I've just tested out my newly learned stalking skills and it would appear that Dottes last activity on here was 27th Sept, so she has indeed been AWOL for a couple of months 
I wonder why?

Surely people don't actually have anything else going on in their lives other than PF?  :lol:


----------



## LexiLou2 (Mar 15, 2011)

bearcub said:


> Reminds me actually I haven't seen any photos of LexiLou's chocolate girl... I like to think it was LexiLou meeting Florence that convinced her to go down the chocolate lab route but I think it was more likely SL's two gorgeous girlies who I'm sure are a far better ambassador for the breed than my poo rolling madam


Well since you ask

Baby Nala









getting bigger









last week



























And Florence did influence my love of labs, throw in Indie and Tau and watching Tau's litter grow and I was smitten.........totally!!


----------



## bearcub (Jul 19, 2011)

Just commented on your other thread  she's gorgeous btw


----------



## Alice Childress (Nov 14, 2010)

foxyrockmeister said:


> 5Rivers79 I think!
> 
> You either loved him or hated him!!
> 
> ...


That's the man! Yes, he was a character 



foxyrockmeister said:


> Where as you didn't disappear....... you just morphed :yikes: :sosp:


 I often find myself responding to posts assuming that the person remembers we've been in debates together before only to realise that they won't know that I am me  Goblin and I discussed Bulldogs and the PDE stuff until we were both blue in the face and yet they has no idea that that was me. I should probably say something.



AmberNero said:


> I think about Eroswoof now and then, Bumble was absolutely adorable, liked seeing all the pics of him!


She snuck off to another forum because this one wasn't being very friendly at the time - what us??


----------



## simplysardonic (Sep 1, 2009)

Alice Childress said:


> That's the man! Yes, he was a character
> 
> I often find myself responding to posts assuming that the person remembers we've been in debates together before only to realise that they *won't know that I am me*  Goblin and I discussed Bulldogs and the PDE stuff until we were both blue in the face and yet they has no idea that that was me. I should probably say something.
> 
> She snuck off to another forum because this one wasn't being very friendly at the time - what us??


You were someone else? Who were you then, before you became the you you are now? Please don't tell me you're Sleeping Loin, because I think I'm already her, as do some other people


----------



## LexiLou2 (Mar 15, 2011)

simplysardonic said:


> You were someone else? Who were you then, before you became the you you are now?

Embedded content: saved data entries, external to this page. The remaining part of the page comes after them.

-- ===== src/Update/Apply/Probation.antt =====
-- The probation of a release in core/update: `CheckStartup` and `Confirm` from start to start.
use bacchus.Shared.{
  [], Bool, true, false, ◌≡◌, refl, sym, ap, ◌∙◌, none, some, Bytes, arith, Result, ok, err,
}
use bacchus.Atomicfile.{File}
use bacchus.Atomicfile.Install.{new_file}
use bacchus.Update.Apply.{
  Platform, Marker, Site, Trail, StartupFaults, demoted, ApplyError, claimed, write_marker,
  check_startup, confirm, read_marker, clear_marker, unmarked,
}
use bacchus.Update.Apply.Crash.{IsMarked, write_marker_lem}

-- What the code relies on of `encoding/json`: a marker decodes to what was encoded.
abbrev pub IsJson : Platform → Type 0
IsJson p = (m : Marker) (b : Bytes) → p.encode m ≡ some b → p.decode b ≡ some m

-- A marker on disk that reads as `m`.
abbrev pub Reads : Platform → Marker → Site → Type 0
Reads p m s = (f : File) × (s.marker.target ≡ some f) × (p.decode f.content ≡ some m)

-- What a start can read and do.
abbrev pub CanRead : StartupFaults → Type 0
CanRead f = (f.read ≡ false) × (f.stat_previous ≡ false)

module _ (p : Platform) (json : IsJson p) where
  pub IsMarked-Reads : (m : Marker) (s : Site) → IsMarked p m s → Reads p m s
  IsMarked-Reads m s (b, enc, there) = (new_file b 0o600, there, json m b enc)

  claim :
      (f : StartupFaults) (m : Marker) (s : Site)
      → CanRead f
      → Reads p m s
      → m.started ≡ false
      → (old : Bytes) → s.previous ≡ some old
      → check_startup p f s
        ≡ claimed (
            write_marker p f.marker (record m { started = true }) (record { site = s; trace = [] }))
  unfolding check_startup read_marker
  claim f m s can (file, there, reads) new old kept = ground arith

  claimed_ok :
      (m : Marker) (s : Site) (out : Result ApplyError (Unit {0}) × Trail)
      → (out.0 ≡ ok tt → IsMarked p m out.1.site)
      → (claimed out).0 ≡ ok tt
      → Reads p m (claimed out).1
  claimed_ok m s (ok _, t) marked h = IsMarked-Reads m t.site (marked refl)
  claimed_ok m s (err e, t) marked h = ground arith

  first_start :
      (f : StartupFaults) (m : Marker) (old : Bytes) (s : Site)
      → CanRead f
      → Reads p m s
      → m.started ≡ false
      → s.previous ≡ some old
      → (check_startup p f s).0 ≡ ok tt
      → let s' = (check_startup p f s).1 in
        (s'.target ≡ s.target) × (s'.previous ≡ some old) × Reads p (record m { started = true }) s'
  first_start f m old s can reads new kept h =
      let m' : Marker = record m { started = true } in
      let out = write_marker p f.marker m' (record { site = s; trace = [] }) in
      let e = claim f m s can reads new old kept in
      let (target, previous, _, marked, _) = write_marker_lem p m' s f.marker in
      rw e (target, previous ∙ kept, claimed_ok m' s out marked (ap (λ x. x.0) (sym e) ∙ h))

  second_start :
      (f : StartupFaults) (m : Marker) (old : Bytes) (s : Site)
      → CanRead f
      → Reads p m s
      → m.started ≡ true
      → s.previous ≡ some old
      → f.demote ≡ false
      → f.remove_marker ≡ false
      → let (r, s') = check_startup p f s in
        (r ≡ err demoted) × (s'.target ≡ some old) × (s'.marker.target ≡ none)
  unfolding check_startup read_marker clear_marker
  second_start f m old s can (file, there, reads) claimed kept renames removes = ground arith

  -- A release that does not confirm is taken back: of two starts with no confirmation between them,
  -- both of which can read the marker, if the first reports no error, then the second, where its
  -- rename and its removal of the marker work, reports the demotion, with the binary that stood
  -- beside the target at the target and no marker left.
  pub unconfirmed_is_demoted :
      (first second : StartupFaults) (m : Marker) (old : Bytes) (s : Site)
      → CanRead first
      → CanRead second
      → second.demote ≡ false
      → second.remove_marker ≡ false
      → Reads p m s
      → m.started ≡ false
      → s.previous ≡ some old
      → (check_startup p first s).0 ≡ ok tt
      → let (r, s') = check_startup p second (check_startup p first s).1 in
        (r ≡ err demoted) × (s'.target ≡ some old) × (s'.marker.target ≡ none)
  unconfirmed_is_demoted first second m old s can can' renames removes reads new kept h =
      let (_, kept', claimed_marker) = first_start first m old s can reads new kept h in
      second_start second (record m { started = true }) old (check_startup p first s).1 can'
        claimed_marker refl kept' renames removes

  confirm_unstarted :
      (remove_fails : Bool) (m : Marker) (s : Site)
      → Reads p m s
      → m.started ≡ false
      → confirm p false remove_fails s ≡ (ok tt, s)
  unfolding confirm read_marker
  confirm_unstarted remove_fails m s (file, there, reads) new = ground arith

  confirm_started :
      (remove_fails : Bool) (m : Marker) (s : Site)
      → Reads p m s
      → m.started ≡ true
      → (confirm p false remove_fails s).0 ≡ ok tt
      → (confirm p false remove_fails s).1 ≡ unmarked s
  unfolding confirm read_marker clear_marker
  confirm_started remove_fails m s (file, there, reads) started h = ground arith

  start_unmarked :
      (f : StartupFaults) (s : Site)
      → f.read ≡ false
      → check_startup p f (unmarked s) ≡ (ok tt, unmarked s)
  unfolding check_startup read_marker
  start_unmarked f s h = ground arith

  -- A release that confirms is not: if the first start and then the confirmation report no error,
  -- every later start that can read reports none and changes nothing, and the binary at the target
  -- is the one of the first start. A confirmation before the first start leaves the marker.
  pub confirmed_is_kept :
      (first later : StartupFaults) (m : Marker) (old : Bytes) (s : Site) (remove_fails : Bool)
      → CanRead first
      → CanRead later
      → Reads p m s
      → m.started ≡ false
      → s.previous ≡ some old
      → (check_startup p first s).0 ≡ ok tt
      → let (r, s') = confirm p false remove_fails (check_startup p first s).1 in
        (confirm p false remove_fails s ≡ (ok tt, s))
        × (r ≡ ok tt → (check_startup p later s' ≡ (ok tt, s')) × (s'.target ≡ s.target))
  confirmed_is_kept first later m old s remove_fails can can' reads new kept h =
      let (target, _, claimed_marker) = first_start first m old s can reads new kept h in
      let started = (check_startup p first s).1 in
      (
        confirm_unstarted remove_fails m s reads new,
        λ done.
            let e =
              confirm_started remove_fails (record m { started = true }) started claimed_marker refl
                done in
            rw e (start_unmarked later started can'.0, target),
      )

Please don't tell me you're Sleeping Loin, because I think I'm already her, as do some other people


Sleeping Loin???? Really you should go to the doctors with that!!


----------



## ballybee (Aug 25, 2010)

lol nobody would notice if i went AWOL....i don't contribute that much 

I can't ever really remember anyone  oo i miss ridgeback05, he sometimes logs in to PM me but he's never on here anymore!!!


----------



## simplysardonic (Sep 1, 2009)

LexiLou2 said:


> Sleeping Loin???? Really you should go to the doctors with that!!


Whoops, not the first time I've done that  spellcheck doesn't pick up the ever so slight (but significant!) difference between 'loin' & 'lion'!


----------



## Lil Doglets (Oct 17, 2011)

Who's that person with the little BC called April, not seen her around much lately i always thought her pics were really awesome


----------



## LexiLou2 (Mar 15, 2011)

simplysardonic said:


> Whoops, not the first time I've done that  spellcheck doesn't pick up the ever so slight (but significant!) difference between 'loin' & 'lion'!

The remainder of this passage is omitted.